- [To do] Go through the data below and retype all of it exactly.

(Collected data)
-- Opening Marker --

-- ===== src/Webui/Http/Stream/Laws.antt =====
-- internal/webui/server.go, handleEvents: a viewer that keeps up misses no event.
use go_meshtastic_serial2tcp.Prelude.{
  ℕ, ◌≡◌, refl, sym, ap, ◌∙◌, Bool, Option, none, some, List, [], ◌∷◌, ◌++◌, append-nil, length,
  subst,
}
use go_meshtastic_serial2tcp.Prelude.Keys.{nat_key}
use go_meshtastic_serial2tcp.Prelude.Assoc.{get, put, get-put_self}
use go_meshtastic_serial2tcp.Webui.Hub.{Hub, Event, Chan, subscribe, subscribe_chat}
use go_meshtastic_serial2tcp.Webui.Nodes.{subscribe_nodes}
use go_meshtastic_serial2tcp.Webui.Http.{view}
use go_meshtastic_serial2tcp.Webui.Http.Stream.{
  Sse, snapshot_sse, message_sse, Viewer, send_sse, open_stream, receive_from, event_ready, goes_on,
  show_event, serve_round,
}
use go_meshtastic_serial2tcp.Webui.Http.Stream.Complete.{
  kept, event_rounds, messages, waiting, Streams, IsComplete, received, Streams-IsComplete,
  other-sent,
}

module _ (encodes : Sse → Bool) (h : Hub) (v : Viewer) where
  event_round :
      (g : Hub) (w : Viewer) (c : Chan Event) (x : Event) (later : List Event)
      → get g.subscribers w.events ≡ some c
      → c.buffer ≡ x ∷ later
      → serve_round encodes g w event_ready
        ≡ goes_on
            (record g { subscribers = put g.subscribers w.events (record c { buffer = later }) })
            (record w { sent = send_sse encodes (message_sse x) w.sent })
  unfolding serve_round
  event_round g w c x later open_eq e =
      ap (λ o. show_event encodes g w (receive_from g.subscribers w.events o)) open_eq
      ∙ ap
          (λ (b : List Event). show_event encodes g w (elim b [
            | [] ↦ none
            | y ∷ more ↦ some (y, put g.subscribers w.events (record c { buffer = more }))
          ]))
          e

  -- With as many such rounds as events wait, the viewer has been sent everything.
  IsComplete-drains :
      (evs : List Event) (buffer : List Event) (g : Hub) (w : Viewer)
      (good : IsComplete encodes h v evs g w)
      → good.chan.buffer ≡ buffer
      → (g' : Hub) × (w' : Viewer) × (event_rounds encodes (length buffer) (goes_on g w)
          ≡ goes_on g' w')
        × (messages w'.sent ≡ kept encodes evs)
  unfolding received
  IsComplete-drains evs [] g w good e = (
    g,
    w,
    refl,
    sym (append-nil _) ∙ ap (λ b. messages w.sent ++ kept encodes b) (sym e) ∙ good.whole,
  )
  IsComplete-drains evs (x ∷ later) g w good e =
      let (g', w', run, all) =
        IsComplete-drains evs later
          (record g {
            subscribers = put g.subscribers w.events (record good.chan { buffer = later });
          })
          (record w { sent = send_sse encodes (message_sse x) w.sent })
          (received encodes h v evs g w good x later e) refl in
      (
        g',
        w',
        ap (event_rounds encodes (length later)) (event_round g w good.chan x later good.open_eq e)
            ∙ run,
        all,
      )

abbrev pub opened_hub : (Sse → Bool) → ℕ → Hub → Hub → ℕ → ℕ → ℕ → Hub
opened_hub encodes now h h' ev chat nodes = (open_stream encodes now h h' ev chat nodes).0

abbrev pub opened_viewer : (Sse → Bool) → ℕ → Hub → Hub → ℕ → ℕ → ℕ → Viewer
opened_viewer encodes now h h' ev chat nodes = (open_stream encodes now h h' ev chat nodes).1

open_stream-IsComplete :
    (encodes : Sse → Bool) (now : ℕ) (h h' : Hub) (ev chat nodes : ℕ)
    → let g = opened_hub encodes now h h' ev chat nodes in
      let w = opened_viewer encodes now h h' ev chat nodes in IsComplete encodes g w [] g w
unfolding open_stream send_sse subscribe subscribe_chat subscribe_nodes
open_stream-IsComplete encodes now h h' ev chat nodes = record {
  chan = record { capacity = 128; buffer = [] };
  open_eq = get-put_self h'.subscribers ev (record { capacity = 128; buffer = [] });
  capacity_eq = refl;
  whole =
      append-nil _
      ∙ other-sent encodes h' (record { events = ev; chats = chat; nodes = nodes; sent = [] })
          (snapshot_sse (view now h)) [] refl;
}

-- A viewer connects: it is sent a snapshot, and then it subscribes. From then on events are
-- recorded, each while fewer than 128 wait for this viewer, the loop of its handler makes rounds,
-- in whatever order its select chooses, and the hub changes otherwise in any way that leaves the
-- viewer's channel of events alone. Then the events that the viewer has been sent and those that
-- still wait are together exactly the events recorded, each once and in the order of their
-- recording, less those that do not encode as JSON.
pub Streams-events :
    (encodes : Sse → Bool) (now : ℕ) (h h' : Hub) (ev chat nodes : ℕ) (evs : List Event) (g : Hub)
    (w : Viewer)
    → Streams encodes
        (opened_hub encodes now h h' ev chat nodes)
        (opened_viewer encodes now h h' ev chat nodes)
        evs
        g
        w
    → messages w.sent ++ kept encodes (waiting g w.events) ≡ kept encodes evs
Streams-events encodes now h h' ev chat nodes evs g w s =
    let good =
      Streams-IsComplete encodes (opened_hub encodes now h h' ev chat nodes)
        (opened_viewer encodes now h h' ev chat nodes)
        (open_stream-IsComplete encodes now h h' ev chat nodes) s in
    ap (λ o. messages w.sent ++ kept encodes (elim o [ none ↦ [] | some c ↦ c.buffer ]))
      good.open_eq
    ∙ good.whole

-- The same viewer, at any such moment: with as many rounds in which the select takes an event as
-- events wait, the loop does not end, and the viewer has then been sent exactly the events recorded
-- since it subscribed, each once and in order, less those that do not encode as JSON.
pub Streams-drains :
    (encodes : Sse → Bool) (now : ℕ) (h h' : Hub) (ev chat nodes : ℕ) (evs : List Event) (g : Hub)
    (w : Viewer)
    → Streams encodes
        (opened_hub encodes now h h' ev chat nodes)
        (opened_viewer encodes now h h' ev chat nodes)
        evs
        g
        w
    → (g' : Hub) × (w' : Viewer) × (event_rounds encodes (length (waiting g w.events)) (goes_on g w)
        ≡ goes_on g' w')
      × (messages w'.sent ≡ kept encodes evs)
Streams-drains encodes now h h' ev chat nodes evs g w s =
    let good =
      Streams-IsComplete encodes (opened_hub encodes now h h' ev chat nodes)
        (opened_viewer encodes now h h' ev chat nodes)
        (open_stream-IsComplete encodes now h h' ev chat nodes) s in
    subst
      (λ (o : Option (Chan Event)).
        (g' : Hub) × (w' : Viewer) × (event_rounds encodes
            (length (elim o [ none ↦ [] | some c ↦ c.buffer ])) (goes_on g w)
          ≡ goes_on g' w')
        × (messages w'.sent ≡ kept encodes evs))
      (sym good.open_eq)
      (IsComplete-drains encodes (opened_hub encodes now h h' ev chat nodes)
        (opened_viewer encodes now h h' ev chat nodes) evs good.chan.buffer g w good refl)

-- Closing Marker --

- [Answer space]
-- ===== src/Webui/Http/Stream/Laws.antt =====
-- internal/webui/server.go, handleEvents: a viewer that keeps up misses no event.
use go_meshtastic_serial2tcp.Prelude.{
  ℕ, ◌≡◌, refl, sym, ap, ◌∙◌, Bool, Option, none, some, List, [], ◌∷◌, ◌++◌, append-nil, length,
  subst,
}
use go_meshtastic_serial2tcp.Prelude.Keys.{nat_key}
use go_meshtastic_serial2tcp.Prelude.Assoc.{get, put, get-put_self}
use go_meshtastic_serial2tcp.Webui.Hub.{Hub, Event, Chan, subscribe, subscribe_chat}
use go_meshtastic_serial2tcp.Webui.Nodes.{subscribe_nodes}
use go_meshtastic_serial2tcp.Webui.Http.{view}
use go_meshtastic_serial2tcp.Webui.Http.Stream.{
  Sse, snapshot_sse, message_sse, Viewer, send_sse, open_stream, receive_from, event_ready, goes_on,
  show_event, serve_round,
}
use go_meshtastic_serial2tcp.Webui.Http.Stream.Complete.{
  kept, event_rounds, messages, waiting, Streams, IsComplete, received, Streams-IsComplete,
  other-sent,
}

module _ (encodes : Sse → Bool) (h : Hub) (v : Viewer) where
  event_round :
      (g : Hub) (w : Viewer) (c : Chan Event) (x : Event) (later : List Event)
      → get g.subscribers w.events ≡ some c
      → c.buffer ≡ x ∷ later
      → serve_round encodes g w event_ready
        ≡ goes_on
            (record g { subscribers = put g.subscribers w.events (record c { buffer = later }) })
            (record w { sent = send_sse encodes (message_sse x) w.sent })
  unfolding serve_round
  event_round g w c x later open_eq e =
      ap (λ o. show_event encodes g w (receive_from g.subscribers w.events o)) open_eq
      ∙ ap
          (λ (b : List Event). show_event encodes g w (elim b [
            | [] ↦ none
            | y ∷ more ↦ some (y, put g.subscribers w.events (record c { buffer = more }))
          ]))
          e

  -- With as many such rounds as events wait, the viewer has been sent everything.
  IsComplete-drains :
      (evs : List Event) (buffer : List Event) (g : Hub) (w : Viewer)
      (good : IsComplete encodes h v evs g w)
      → good.chan.buffer ≡ buffer
      → (g' : Hub) × (w' : Viewer) × (event_rounds encodes (length buffer) (goes_on g w)
          ≡ goes_on g' w')
        × (messages w'.sent ≡ kept encodes evs)
  unfolding received
  IsComplete-drains evs [] g w good e = (
    g,
    w,
    refl,
    sym (append-nil _) ∙ ap (λ b. messages w.sent ++ kept encodes b) (sym e) ∙ good.whole,
  )
  IsComplete-drains evs (x ∷ later) g w good e =
      let (g', w', run, all) =
        IsComplete-drains evs later
          (record g {
            subscribers = put g.subscribers w.events (record good.chan { buffer = later });
          })
          (record w { sent = send_sse encodes (message_sse x) w.sent })
          (received encodes h v evs g w good x later e) refl in
      (
        g',
        w',
        ap (event_rounds encodes (length later)) (event_round g w good.chan x later good.open_eq e)
            ∙ run,
        all,
      )

abbrev pub opened_hub : (Sse → Bool) → ℕ → Hub → Hub → ℕ → ℕ → ℕ → Hub
opened_hub encodes now h h' ev chat nodes = (open_stream encodes now h h' ev chat nodes).0

abbrev pub opened_viewer : (Sse → Bool) → ℕ → Hub → Hub → ℕ → ℕ → ℕ → Viewer
opened_viewer encodes now h h' ev chat nodes = (open_stream encodes now h h' ev chat nodes).1

open_stream-IsComplete :
    (encodes : Sse → Bool) (now : ℕ) (h h' : Hub) (ev chat nodes : ℕ)
    → let g = opened_hub encodes now h h' ev chat nodes in
      let w = opened_viewer encodes now h h' ev chat nodes in IsComplete encodes g w [] g w
unfolding open_stream send_sse subscribe subscribe_chat subscribe_nodes
open_stream-IsComplete encodes now h h' ev chat nodes = record {
  chan = record { capacity = 128; buffer = [] };
  open_eq = get-put_self h'.subscribers ev (record { capacity = 128; buffer = [] });
  capacity_eq = refl;
  whole =
      append-nil _
      ∙ other-sent encodes h' (record { events = ev; chats = chat; nodes = nodes; sent = [] })
          (snapshot_sse (view now h)) [] refl;
}

-- A viewer connects: it is sent a snapshot, and then it subscribes. From then on events are
-- recorded, each while fewer than 128 wait for this viewer, the loop of its handler makes rounds,
-- in whatever order its select chooses, and the hub changes otherwise in any way that leaves the
-- viewer's channel of events alone. Then the events that the viewer has been sent and those that
-- still wait are together exactly the events recorded, each once and in the order of their
-- recording, less those that do not encode as JSON.
pub Streams-events :
    (encodes : Sse → Bool) (now : ℕ) (h h' : Hub) (ev chat nodes : ℕ) (evs : List Event) (g : Hub)
    (w : Viewer)
    → Streams encodes
        (opened_hub encodes now h h' ev chat nodes)
        (opened_viewer encodes now h h' ev chat nodes)
        evs
        g
        w
    → messages w.sent ++ kept encodes (waiting g w.events) ≡ kept encodes evs
Streams-events encodes now h h' ev chat nodes evs g w s =
    let good =
      Streams-IsComplete encodes (opened_hub encodes now h h' ev chat nodes)
        (opened_viewer encodes now h h' ev chat nodes)
        (open_stream-IsComplete encodes now h h' ev chat nodes) s in
    ap (λ o. messages w.sent ++ kept encodes (elim o [ none ↦ [] | some c ↦ c.buffer ]))
      good.open_eq
    ∙ good.whole

-- The same viewer, at any such moment: with as many rounds in which the select takes an event as
-- events wait, the loop does not end, and the viewer has then been sent exactly the events recorded
-- since it subscribed, each once and in order, less those that do not encode as JSON.
pub Streams-drains :
    (encodes : Sse → Bool) (now : ℕ) (h h' : Hub) (ev chat nodes : ℕ) (evs : List Event) (g : Hub)
    (w : Viewer)
    → Streams encodes
        (opened_hub encodes now h h' ev chat nodes)
        (opened_viewer encodes now h h' ev chat nodes)
        evs
        g
        w
    → (g' : Hub) × (w' : Viewer) × (event_rounds encodes (length (waiting g w.events)) (goes_on g w)
        ≡ goes_on g' w')
      × (messages w'.sent ≡ kept encodes evs)
Streams-drains encodes now h h' ev chat nodes evs g w s =
    let good =
      Streams-IsComplete encodes (opened_hub encodes now h h' ev chat nodes)
        (opened_viewer encodes now h h' ev chat nodes)
        (open_stream-IsComplete encodes now h h' ev chat nodes) s in
    subst
      (λ (o : Option (Chan Event)).
        (g' : Hub) × (w' : Viewer) × (event_rounds encodes
            (length (elim o [ none ↦ [] | some c ↦ c.buffer ])) (goes_on g w)
          ≡ goes_on g' w')
        × (messages w'.sent ≡ kept encodes evs))
      (sym good.open_eq)
      (IsComplete-drains encodes (opened_hub encodes now h h' ev chat nodes)
        (opened_viewer encodes now h h' ev chat nodes) evs good.chan.buffer g w good refl)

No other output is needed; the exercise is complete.